Reproduce every entry in the listing without alteration.

* Entries supplied
Content starts

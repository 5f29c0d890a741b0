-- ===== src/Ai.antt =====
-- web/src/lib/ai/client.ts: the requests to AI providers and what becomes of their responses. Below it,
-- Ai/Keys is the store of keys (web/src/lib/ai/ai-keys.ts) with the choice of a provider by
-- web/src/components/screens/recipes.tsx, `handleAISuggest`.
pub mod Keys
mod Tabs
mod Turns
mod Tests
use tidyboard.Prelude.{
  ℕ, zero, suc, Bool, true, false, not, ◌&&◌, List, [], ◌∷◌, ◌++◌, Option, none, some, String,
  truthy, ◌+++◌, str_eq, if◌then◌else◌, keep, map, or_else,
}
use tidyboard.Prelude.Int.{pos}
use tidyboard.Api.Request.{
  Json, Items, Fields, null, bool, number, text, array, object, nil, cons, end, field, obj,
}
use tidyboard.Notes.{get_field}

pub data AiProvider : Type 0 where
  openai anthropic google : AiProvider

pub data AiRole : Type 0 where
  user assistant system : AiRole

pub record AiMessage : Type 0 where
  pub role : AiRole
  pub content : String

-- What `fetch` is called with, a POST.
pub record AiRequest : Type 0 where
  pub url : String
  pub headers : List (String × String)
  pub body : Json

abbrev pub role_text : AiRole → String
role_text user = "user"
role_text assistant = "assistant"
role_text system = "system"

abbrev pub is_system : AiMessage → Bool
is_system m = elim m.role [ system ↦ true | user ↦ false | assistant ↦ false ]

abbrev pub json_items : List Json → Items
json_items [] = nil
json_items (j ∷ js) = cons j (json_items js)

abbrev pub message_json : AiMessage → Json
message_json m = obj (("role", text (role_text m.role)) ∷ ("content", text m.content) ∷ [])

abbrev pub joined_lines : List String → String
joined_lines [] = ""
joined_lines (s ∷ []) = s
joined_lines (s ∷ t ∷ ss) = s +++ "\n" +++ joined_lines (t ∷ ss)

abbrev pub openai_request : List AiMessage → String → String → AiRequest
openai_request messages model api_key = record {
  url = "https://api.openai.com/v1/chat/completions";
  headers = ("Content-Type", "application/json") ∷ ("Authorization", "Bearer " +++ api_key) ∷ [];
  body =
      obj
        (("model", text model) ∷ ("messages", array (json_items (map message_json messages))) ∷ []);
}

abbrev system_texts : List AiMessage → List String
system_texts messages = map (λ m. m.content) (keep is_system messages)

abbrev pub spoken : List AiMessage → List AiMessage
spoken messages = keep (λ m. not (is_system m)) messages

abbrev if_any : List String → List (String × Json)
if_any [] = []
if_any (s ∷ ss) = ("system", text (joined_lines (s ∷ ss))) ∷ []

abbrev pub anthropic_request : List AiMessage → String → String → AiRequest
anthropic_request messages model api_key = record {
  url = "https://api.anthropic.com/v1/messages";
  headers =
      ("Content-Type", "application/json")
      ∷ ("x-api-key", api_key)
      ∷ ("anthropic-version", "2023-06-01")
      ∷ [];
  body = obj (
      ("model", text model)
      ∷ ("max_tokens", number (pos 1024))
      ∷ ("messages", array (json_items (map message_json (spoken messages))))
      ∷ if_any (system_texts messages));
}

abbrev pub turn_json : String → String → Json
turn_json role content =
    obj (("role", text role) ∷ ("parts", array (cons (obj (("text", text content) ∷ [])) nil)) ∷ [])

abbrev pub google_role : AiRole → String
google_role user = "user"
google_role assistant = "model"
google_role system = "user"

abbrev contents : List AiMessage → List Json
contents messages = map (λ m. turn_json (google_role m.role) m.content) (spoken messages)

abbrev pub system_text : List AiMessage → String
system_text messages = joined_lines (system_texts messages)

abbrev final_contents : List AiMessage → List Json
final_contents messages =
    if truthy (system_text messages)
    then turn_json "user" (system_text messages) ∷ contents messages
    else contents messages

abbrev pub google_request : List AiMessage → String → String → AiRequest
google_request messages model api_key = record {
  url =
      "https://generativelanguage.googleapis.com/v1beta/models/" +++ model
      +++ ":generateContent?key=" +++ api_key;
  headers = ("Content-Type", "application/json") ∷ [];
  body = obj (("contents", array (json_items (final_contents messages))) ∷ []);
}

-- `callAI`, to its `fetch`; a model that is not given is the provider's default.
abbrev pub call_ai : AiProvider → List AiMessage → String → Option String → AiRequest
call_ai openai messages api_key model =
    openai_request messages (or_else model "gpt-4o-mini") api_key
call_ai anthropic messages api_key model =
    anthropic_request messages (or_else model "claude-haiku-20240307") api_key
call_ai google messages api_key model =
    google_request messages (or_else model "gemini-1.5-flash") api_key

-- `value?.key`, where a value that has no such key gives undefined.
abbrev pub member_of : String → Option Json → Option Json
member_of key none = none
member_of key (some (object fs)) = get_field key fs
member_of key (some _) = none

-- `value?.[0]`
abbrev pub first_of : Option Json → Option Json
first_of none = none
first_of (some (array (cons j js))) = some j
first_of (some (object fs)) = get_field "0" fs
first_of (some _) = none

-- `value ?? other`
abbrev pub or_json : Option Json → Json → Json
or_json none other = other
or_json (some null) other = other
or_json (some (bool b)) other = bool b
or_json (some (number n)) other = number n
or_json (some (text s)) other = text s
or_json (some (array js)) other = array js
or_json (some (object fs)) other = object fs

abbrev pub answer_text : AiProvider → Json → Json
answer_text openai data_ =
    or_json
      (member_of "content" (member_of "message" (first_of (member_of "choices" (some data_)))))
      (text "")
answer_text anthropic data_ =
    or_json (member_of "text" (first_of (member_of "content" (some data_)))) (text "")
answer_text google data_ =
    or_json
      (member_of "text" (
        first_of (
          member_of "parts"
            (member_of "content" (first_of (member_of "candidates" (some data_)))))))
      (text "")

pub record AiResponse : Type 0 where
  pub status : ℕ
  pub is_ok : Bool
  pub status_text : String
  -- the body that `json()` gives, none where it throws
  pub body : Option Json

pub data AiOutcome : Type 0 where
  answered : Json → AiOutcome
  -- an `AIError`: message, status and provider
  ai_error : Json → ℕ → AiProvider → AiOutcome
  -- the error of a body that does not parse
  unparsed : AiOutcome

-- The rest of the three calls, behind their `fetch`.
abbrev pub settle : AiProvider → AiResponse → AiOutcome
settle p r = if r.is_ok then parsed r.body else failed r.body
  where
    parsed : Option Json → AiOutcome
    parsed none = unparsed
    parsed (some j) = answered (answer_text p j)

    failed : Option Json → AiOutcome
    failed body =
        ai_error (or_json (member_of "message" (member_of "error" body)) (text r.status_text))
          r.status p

Content ends

* Output
repository 5f29c0d890a741b0
-- ===== src/Ai.antt =====
-- web/src/lib/ai/client.ts: the requests to AI providers and what becomes of their responses. Below it,
-- Ai/Keys is the store of keys (web/src/lib/ai/ai-keys.ts) with the choice of a provider by
-- web/src/components/screens/recipes.tsx, `handleAISuggest`.
pub mod Keys
mod Tabs
mod Turns
mod Tests
use tidyboard.Prelude.{
  ℕ, zero, suc, Bool, true, false, not, ◌&&◌, List, [], ◌∷◌, ◌++◌, Option, none, some, String,
  truthy, ◌+++◌, str_eq, if◌then◌else◌, keep, map, or_else,
}
use tidyboard.Prelude.Int.{pos}
use tidyboard.Api.Request.{
  Json, Items, Fields, null, bool, number, text, array, object, nil, cons, end, field, obj,
}
use tidyboard.Notes.{get_field}

pub data AiProvider : Type 0 where
  openai anthropic google : AiProvider

pub data AiRole : Type 0 where
  user assistant system : AiRole

pub record AiMessage : Type 0 where
  pub role : AiRole
  pub content : String

-- What `fetch` is called with, a POST.
pub record AiRequest : Type 0 where
  pub url : String
  pub headers : List (String × String)
  pub body : Json

abbrev pub role_text : AiRole → String
role_text user = "user"
role_text assistant = "assistant"
role_text system = "system"

abbrev pub is_system : AiMessage → Bool
is_system m = elim m.role [ system ↦ true | user ↦ false | assistant ↦ false ]

abbrev pub json_items : List Json → Items
json_items [] = nil
json_items (j ∷ js) = cons j (json_items js)

abbrev pub message_json : AiMessage → Json
message_json m = obj (("role", text (role_text m.role)) ∷ ("content", text m.content) ∷ [])

abbrev pub joined_lines : List String → String
joined_lines [] = ""
joined_lines (s ∷ []) = s
joined_lines (s ∷ t ∷ ss) = s +++ "\n" +++ joined_lines (t ∷ ss)

abbrev pub openai_request : List AiMessage → String → String → AiRequest
openai_request messages model api_key = record {
  url = "https://api.openai.com/v1/chat/completions";
  headers = ("Content-Type", "application/json") ∷ ("Authorization", "Bearer " +++ api_key) ∷ [];
  body =
      obj
        (("model", text model) ∷ ("messages", array (json_items (map message_json messages))) ∷ []);
}

abbrev system_texts : List AiMessage → List String
system_texts messages = map (λ m. m.content) (keep is_system messages)

abbrev pub spoken : List AiMessage → List AiMessage
spoken messages = keep (λ m. not (is_system m)) messages

abbrev if_any : List String → List (String × Json)
if_any [] = []
if_any (s ∷ ss) = ("system", text (joined_lines (s ∷ ss))) ∷ []

abbrev pub anthropic_request : List AiMessage → String → String → AiRequest
anthropic_request messages model api_key = record {
  url = "https://api.anthropic.com/v1/messages";
  headers =
      ("Content-Type", "application/json")
      ∷ ("x-api-key", api_key)
      ∷ ("anthropic-version", "2023-06-01")
      ∷ [];
  body = obj (
      ("model", text model)
      ∷ ("max_tokens", number (pos 1024))
      ∷ ("messages", array (json_items (map message_json (spoken messages))))
      ∷ if_any (system_texts messages));
}

abbrev pub turn_json : String → String → Json
turn_json role content =
    obj (("role", text role) ∷ ("parts", array (cons (obj (("text", text content) ∷ [])) nil)) ∷ [])

abbrev pub google_role : AiRole → String
google_role user = "user"
google_role assistant = "model"
google_role system = "user"

abbrev contents : List AiMessage → List Json
contents messages = map (λ m. turn_json (google_role m.role) m.content) (spoken messages)

abbrev pub system_text : List AiMessage → String
system_text messages = joined_lines (system_texts messages)

abbrev final_contents : List AiMessage → List Json
final_contents messages =
    if truthy (system_text messages)
    then turn_json "user" (system_text messages) ∷ contents messages
    else contents messages

abbrev pub google_request : List AiMessage → String → String → AiRequest
google_request messages model api_key = record {
  url =
      "https://generativelanguage.googleapis.com/v1beta/models/" +++ model
      +++ ":generateContent?key=" +++ api_key;
  headers = ("Content-Type", "application/json") ∷ [];
  body = obj (("contents", array (json_items (final_contents messages))) ∷ []);
}

-- `callAI`, to its `fetch`; a model that is not given is the provider's default.
abbrev pub call_ai : AiProvider → List AiMessage → String → Option String → AiRequest
call_ai openai messages api_key model =
    openai_request messages (or_else model "gpt-4o-mini") api_key
call_ai anthropic messages api_key model =
    anthropic_request messages (or_else model "claude-haiku-20240307") api_key
call_ai google messages api_key model =
    google_request messages (or_else model "gemini-1.5-flash") api_key

-- `value?.key`, where a value that has no such key gives undefined.
abbrev pub member_of : String → Option Json → Option Json
member_of key none = none
member_of key (some (object fs)) = get_field key fs
member_of key (some _) = none

-- `value?.[0]`
abbrev pub first_of : Option Json → Option Json
first_of none = none
first_of (some (array (cons j js))) = some j
first_of (some (object fs)) = get_field "0" fs
first_of (some _) = none

-- `value ?? other`
abbrev pub or_json : Option Json → Json → Json
or_json none other = other
or_json (some null) other = other
or_json (some (bool b)) other = bool b
or_json (some (number n)) other = number n
or_json (some (text s)) other = text s
or_json (some (array js)) other = array js
or_json (some (object fs)) other = object fs

abbrev pub answer_text : AiProvider → Json → Json
answer_text openai data_ =
    or_json
      (member_of "content" (member_of "message" (first_of (member_of "choices" (some data_)))))
      (text "")
answer_text anthropic data_ =
    or_json (member_of "text" (first_of (member_of "content" (some data_)))) (text "")
answer_text google data_ =
    or_json
      (member_of "text" (
        first_of (
          member_of "parts"
            (member_of "content" (first_of (member_of "candidates" (some data_)))))))
      (text "")

pub record AiResponse : Type 0 where
  pub status : ℕ
  pub is_ok : Bool
  pub status_text : String
  -- the body that `json()` gives, none where it throws
  pub body : Option Json

pub data AiOutcome : Type 0 where
  answered : Json → AiOutcome
  -- an `AIError`: message, status and provider
  ai_error : Json → ℕ → AiProvider → AiOutcome
  -- the error of a body that does not parse
  unparsed : AiOutcome

-- The rest of the three calls, behind their `fetch`.
abbrev pub settle : AiProvider → AiResponse → AiOutcome
settle p r = if r.is_ok then parsed r.body else failed r.body
  where
    parsed : Option Json → AiOutcome
    parsed none = unparsed
    parsed (some j) = answered (answer_text p j)

    failed : Option Json → AiOutcome
    failed body =
        ai_error (or_json (member_of "message" (member_of "error" body)) (text r.status_text))
          r.status p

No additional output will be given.